[Dataset entries]
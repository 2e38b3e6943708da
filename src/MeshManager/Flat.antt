-- ===== src/MeshManager/Flat.antt =====
-- graphics/src/MeshManager.cc: the box, the camera and the plane.
use ign_common.Common.{
  ℕ, zero, suc, ◌+◌, ◌-◌, ◌*◌, Bool, true, false, Option, none, some, List, [], ◌∷◌, if◌then◌else◌,
  get_or, leb, ◌^◌,
}
use ign_common.Mesh.SubMesh.{
  Geometry, SubMesh, new_sub_mesh, add_vertex, add_normal, add_tex_coord_uv, add_index,
}
use ign_common.MeshManager.Strips.{rounds, add_point, add_triangle}

-- The arrays of CreateBox and CreateCamera: the signs of the vertices, the faces and the indices.
abbrev pub corner_signs : List (Bool × Bool × Bool)
corner_signs =
    (false, false, false)
    ∷ (false, false, true)
    ∷ (true, false, true)
    ∷ (true, false, false)
    ∷ (false, true, false)
    ∷ (false, true, true)
    ∷ (true, true, true)
    ∷ (true, true, false)
    ∷ []

abbrev pub box_faces : List (List ℕ)
box_faces =
    (2 ∷ 1 ∷ 0 ∷ 3 ∷ [])
    ∷ (5 ∷ 6 ∷ 7 ∷ 4 ∷ [])
    ∷ (2 ∷ 6 ∷ 5 ∷ 1 ∷ [])
    ∷ (1 ∷ 5 ∷ 4 ∷ 0 ∷ [])
    ∷ (0 ∷ 4 ∷ 7 ∷ 3 ∷ [])
    ∷ (6 ∷ 2 ∷ 3 ∷ 7 ∷ [])
    ∷ []

abbrev pub box_indices : List ℕ
box_indices =
    0 ∷ 1 ∷ 2 ∷ 2 ∷ 3 ∷ 0 ∷ 4 ∷ 5 ∷ 7 ∷ 7 ∷ 5 ∷ 6 ∷ 11 ∷ 8 ∷ 9 ∷ 9 ∷ 10 ∷ 11 ∷ 12 ∷ 13 ∷ 15 ∷ 15
    ∷ 13 ∷ 14 ∷ 16 ∷ 17 ∷ 18 ∷ 18 ∷ 19 ∷ 16 ∷ 21 ∷ 22 ∷ 23 ∷ 23 ∷ 20 ∷ 21 ∷ []

module _ (g : Geometry) where
  open g use {
    Real, Vector, number, half, neg, mul, sub, div, to_float, vector, cross, normalize, by,
  }

  unfoldable pub add_indices : List ℕ → SubMesh g → SubMesh g
  unfolding add_index
  add_indices [] s = s
  add_indices (i ∷ is) s = add_indices is (add_index g i s)

  abbrev pub signed : Real → Bool → Real
  signed r b = if b then r else neg r

  -- A vertex of the arrays, each coordinate with its factor; the faces name no other.
  abbrev pub corner : Real → Real → Real → ℕ → Vector
  corner a b c i =
      let (p, q, r) = get_or corner_signs i (false, false, false) in
      vector (to_float (mul (signed (number 1) p) a)) (to_float (mul (signed (number 1) q) b))
        (to_float (mul (signed (number 1) r) c))

  abbrev pub box_normals : List Vector
  box_normals =
      let o = number 0 in
      let i = number 1 in
      vector o (neg i) o
      ∷ vector o i o
      ∷ vector o o i
      ∷ vector (neg i) o o
      ∷ vector o o (neg i)
      ∷ vector i o o
      ∷ []

  -- The vertices of one face, with its normal.
  unfoldable pub box_face :
      (ℕ → Vector) → Vector → List ℕ → List (Real × Real) → SubMesh g → SubMesh g
  unfolding add_point
  box_face at n (i ∷ is) ((a, b) ∷ ts) s = box_face at n is ts (add_point g (at i) n a b s)
  box_face at n is ts s = s

  unfoldable pub box_loop :
      (ℕ → Vector) → List (Real × Real) → List (List ℕ) → List Vector → SubMesh g → SubMesh g
  unfolding box_face
  box_loop at ts (f ∷ fs) (n ∷ ns) s = box_loop at ts fs ns (box_face at n f ts s)
  box_loop at ts fs ns s = s

  -- CreateBox, with the sides and the texture coordinates.
  unfoldable pub box_part : Real → Real → Real → Real → Real → SubMesh g
  unfolding box_loop add_indices
  box_part a b c u v =
      let o = number 0 in
      let ts = (u, o) ∷ (o, o) ∷ (o, v) ∷ (u, v) ∷ [] in
      add_indices box_indices (
        box_loop (corner (mul a half) (mul b half) (mul c half)) ts box_faces box_normals
          (new_sub_mesh g))

  -- The vertices of one face of the camera, each with its own normal.
  unfoldable pub camera_face : (ℕ → Vector) → (ℕ → Vector) → List ℕ → SubMesh g → SubMesh g
  unfolding add_vertex add_normal
  camera_face at normal_at [] s = s
  camera_face at normal_at (i ∷ is) s =
      camera_face at normal_at is (add_normal g (normal_at i) (add_vertex g (at i) s))

  unfoldable pub camera_loop : (ℕ → Vector) → (ℕ → Vector) → List (List ℕ) → SubMesh g → SubMesh g
  unfolding camera_face
  camera_loop at normal_at [] s = s
  camera_loop at normal_at (f ∷ fs) s = camera_loop at normal_at fs (camera_face at normal_at f s)

  -- CreateCamera before RecalculateNormals; `slope` is the 0.577350f of its normals.
  unfoldable pub camera_part : Real → Real → SubMesh g
  unfolding camera_loop add_indices
  camera_part slope scale =
      let size = mul scale half in
      let normal_at : ℕ → Vector = λ i.
        let (p, q, r) = get_or corner_signs i (false, false, false) in
        vector (signed slope p) (signed slope q) (signed slope r) in
      add_indices box_indices
        (camera_loop (corner size size size) normal_at box_faces (new_sub_mesh g))

  -- The two triangles of a cell of Tesselate2DMesh, from row `v` to row `w`; Tesselate2DMesh is undefined
  -- where the products are no int.
  unfoldable pub cell : ℕ → ℕ → ℕ → ℕ → SubMesh g → SubMesh g
  unfolding add_triangle
  cell width v w u s =
      add_triangle g (w * width + (u + 1)) (v * width + u) (v * width + (u + 1))
        (add_triangle g (w * width + u) (v * width + u) (w * width + (u + 1)) s)

  -- The first iteration goes up the rows, the second down.
  unfoldable pub tesselate_up : ℕ → ℕ → SubMesh g → SubMesh g
  unfolding rounds cell
  tesselate_up width height s =
      rounds (λ v t. rounds (cell width v (v + 1)) (width - 1) 0 t) (height - 1) 0 s

  unfoldable pub tesselate_down : ℕ → ℕ → SubMesh g → SubMesh g
  unfolding rounds cell
  tesselate_down width height s =
      rounds (λ k t. rounds (cell width (height - 1 - k) (height - 1 - k - 1)) (width - 1) 0 t)
        (height - 1) 0 s

  -- Tesselate2DMesh. With one row there is nothing to do; without a row, or with more rows and no column,
  -- its loops do not end. The greatest of its int products is the last vertex.
  unfoldable pub tesselate_2d_mesh : ℕ → ℕ → Bool → SubMesh g → Option (SubMesh g)
  unfolding tesselate_up tesselate_down
  tesselate_2d_mesh width zero double_sided s = none
  tesselate_2d_mesh width (suc zero) double_sided s = some s
  tesselate_2d_mesh zero (suc (suc h)) double_sided s = none
  tesselate_2d_mesh (suc w) (suc (suc h)) double_sided s =
      let t = tesselate_up (suc w) (suc (suc h)) s in
      if leb (suc w * suc (suc h)) (2 ^ 31)
      then some (if double_sided then tesselate_down (suc w) (suc (suc h)) t else t)
      else none

  -- What CreatePlane uses of Matrix4d, and of double.
  pub record Plane : Type 1 where
    pub Matrix : Type 0
    pub perpendicular : Vector → Vector
    pub axes : Vector → Vector → Vector → Matrix
    pub translation : Vector → Matrix
    pub times_matrix : Matrix → Matrix → Matrix
    pub transform_affine : Matrix → Vector → Option Vector
    pub thickness : Real
    -- The number of the integers from 0 to a number.
    pub steps : Real → ℕ
    -- static_cast<int>
    pub truncate : Real → ℕ

  module _ (pl : Plane) where
    open pl use {
      Matrix, perpendicular, axes, translation, times_matrix, transform_affine, thickness,
    }

    unfoldable pub plane_transform : Vector → Real → Matrix
    plane_transform n d =
        let z_axis = normalize n in
        let y_axis = perpendicular z_axis in
        let x_axis = cross y_axis z_axis in
        times_matrix (translation (by n (neg d))) (axes x_axis y_axis z_axis)

    -- One round of the inner loop; a transform that fails skips the rest of it.
    unfoldable pub plane_point :
        Matrix
        → (ℕ → Real)
        → (ℕ → Real)
        → Real
        → (ℕ → Real)
        → (ℕ → Real)
        → ℕ
        → ℕ
        → SubMesh g
        → SubMesh g
    unfolding add_vertex add_normal add_tex_coord_uv
    plane_point m at_x at_y at_z tex_x tex_y j i s =
        elim (transform_affine m (vector (at_x i) (at_y j) at_z)) [
          | none ↦ s
          | some v ↦
              let t = add_vertex g v s in
              elim (transform_affine m (vector (number 0) (number 0) (number 1))) [
                | none ↦ t
                | some n ↦ add_tex_coord_uv g (tex_x i) (tex_y j) (add_normal g n t)
              ]
        ]

    -- CreatePlane: the normal, the distance, the size, the segments and the tiling.
    unfoldable pub plane_part :
        Vector → Real → Real × Real → Real × Real → Real × Real → Option (SubMesh g)
    unfolding rounds plane_point plane_transform tesselate_2d_mesh
    plane_part n d (size_x, size_y) (seg_x, seg_y) (tile_x, tile_y) =
        let m = plane_transform n d in
        let at_x : ℕ → Real =
          λ i. sub (mul (number i) (div size_x seg_x)) (div size_x (number 2)) in
        let at_y : ℕ → Real =
          λ j. sub (mul (number j) (div size_y seg_y)) (div size_y (number 2)) in
        let tex_x : ℕ → Real = λ i. mul (number i) (div tile_x seg_x) in
        let tex_y : ℕ → Real = λ j. sub (number 1) (mul (number j) (div tile_y seg_y)) in
        let layer : ℕ → SubMesh g → SubMesh g = λ k.
          rounds
            (λ j.
              rounds (plane_point m at_x at_y (neg (mul (number k) thickness)) tex_x tex_y j)
                (pl.steps seg_x) 0)
            (pl.steps seg_y) 0 in
        tesselate_2d_mesh (pl.truncate (g.add seg_x (number 1)))
          (pl.truncate (g.add seg_y (number 1))) false (rounds layer 2 0 (new_sub_mesh g))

*WHAT TO DO*.
Above are the records; from them, give again exactly the lines from the one containing "-- its loops" through the one containing "plane_point m at_x at_y at_z", both included.

*EXERCISE ANSWER*.
  -- its loops do not end. The greatest of its int products is the last vertex.
  unfoldable pub tesselate_2d_mesh : ℕ → ℕ → Bool → SubMesh g → Option (SubMesh g)
  unfolding tesselate_up tesselate_down
  tesselate_2d_mesh width zero double_sided s = none
  tesselate_2d_mesh width (suc zero) double_sided s = some s
  tesselate_2d_mesh zero (suc (suc h)) double_sided s = none
  tesselate_2d_mesh (suc w) (suc (suc h)) double_sided s =
      let t = tesselate_up (suc w) (suc (suc h)) s in
      if leb (suc w * suc (suc h)) (2 ^ 31)
      then some (if double_sided then tesselate_down (suc w) (suc (suc h)) t else t)
      else none

  -- What CreatePlane uses of Matrix4d, and of double.
  pub record Plane : Type 1 where
    pub Matrix : Type 0
    pub perpendicular : Vector → Vector
    pub axes : Vector → Vector → Vector → Matrix
    pub translation : Vector → Matrix
    pub times_matrix : Matrix → Matrix → Matrix
    pub transform_affine : Matrix → Vector → Option Vector
    pub thickness : Real
    -- The number of the integers from 0 to a number.
    pub steps : Real → ℕ
    -- static_cast<int>
    pub truncate : Real → ℕ

  module _ (pl : Plane) where
    open pl use {
      Matrix, perpendicular, axes, translation, times_matrix, transform_affine, thickness,
    }

    unfoldable pub plane_transform : Vector → Real → Matrix
    plane_transform n d =
        let z_axis = normalize n in
        let y_axis = perpendicular z_axis in
        let x_axis = cross y_axis z_axis in
        times_matrix (translation (by n (neg d))) (axes x_axis y_axis z_axis)

    -- One round of the inner loop; a transform that fails skips the rest of it.
    unfoldable pub plane_point :
        Matrix
        → (ℕ → Real)
        → (ℕ → Real)
        → Real
        → (ℕ → Real)
        → (ℕ → Real)
        → ℕ
        → ℕ
        → SubMesh g
        → SubMesh g
    unfolding add_vertex add_normal add_tex_coord_uv
    plane_point m at_x at_y at_z tex_x tex_y j i s =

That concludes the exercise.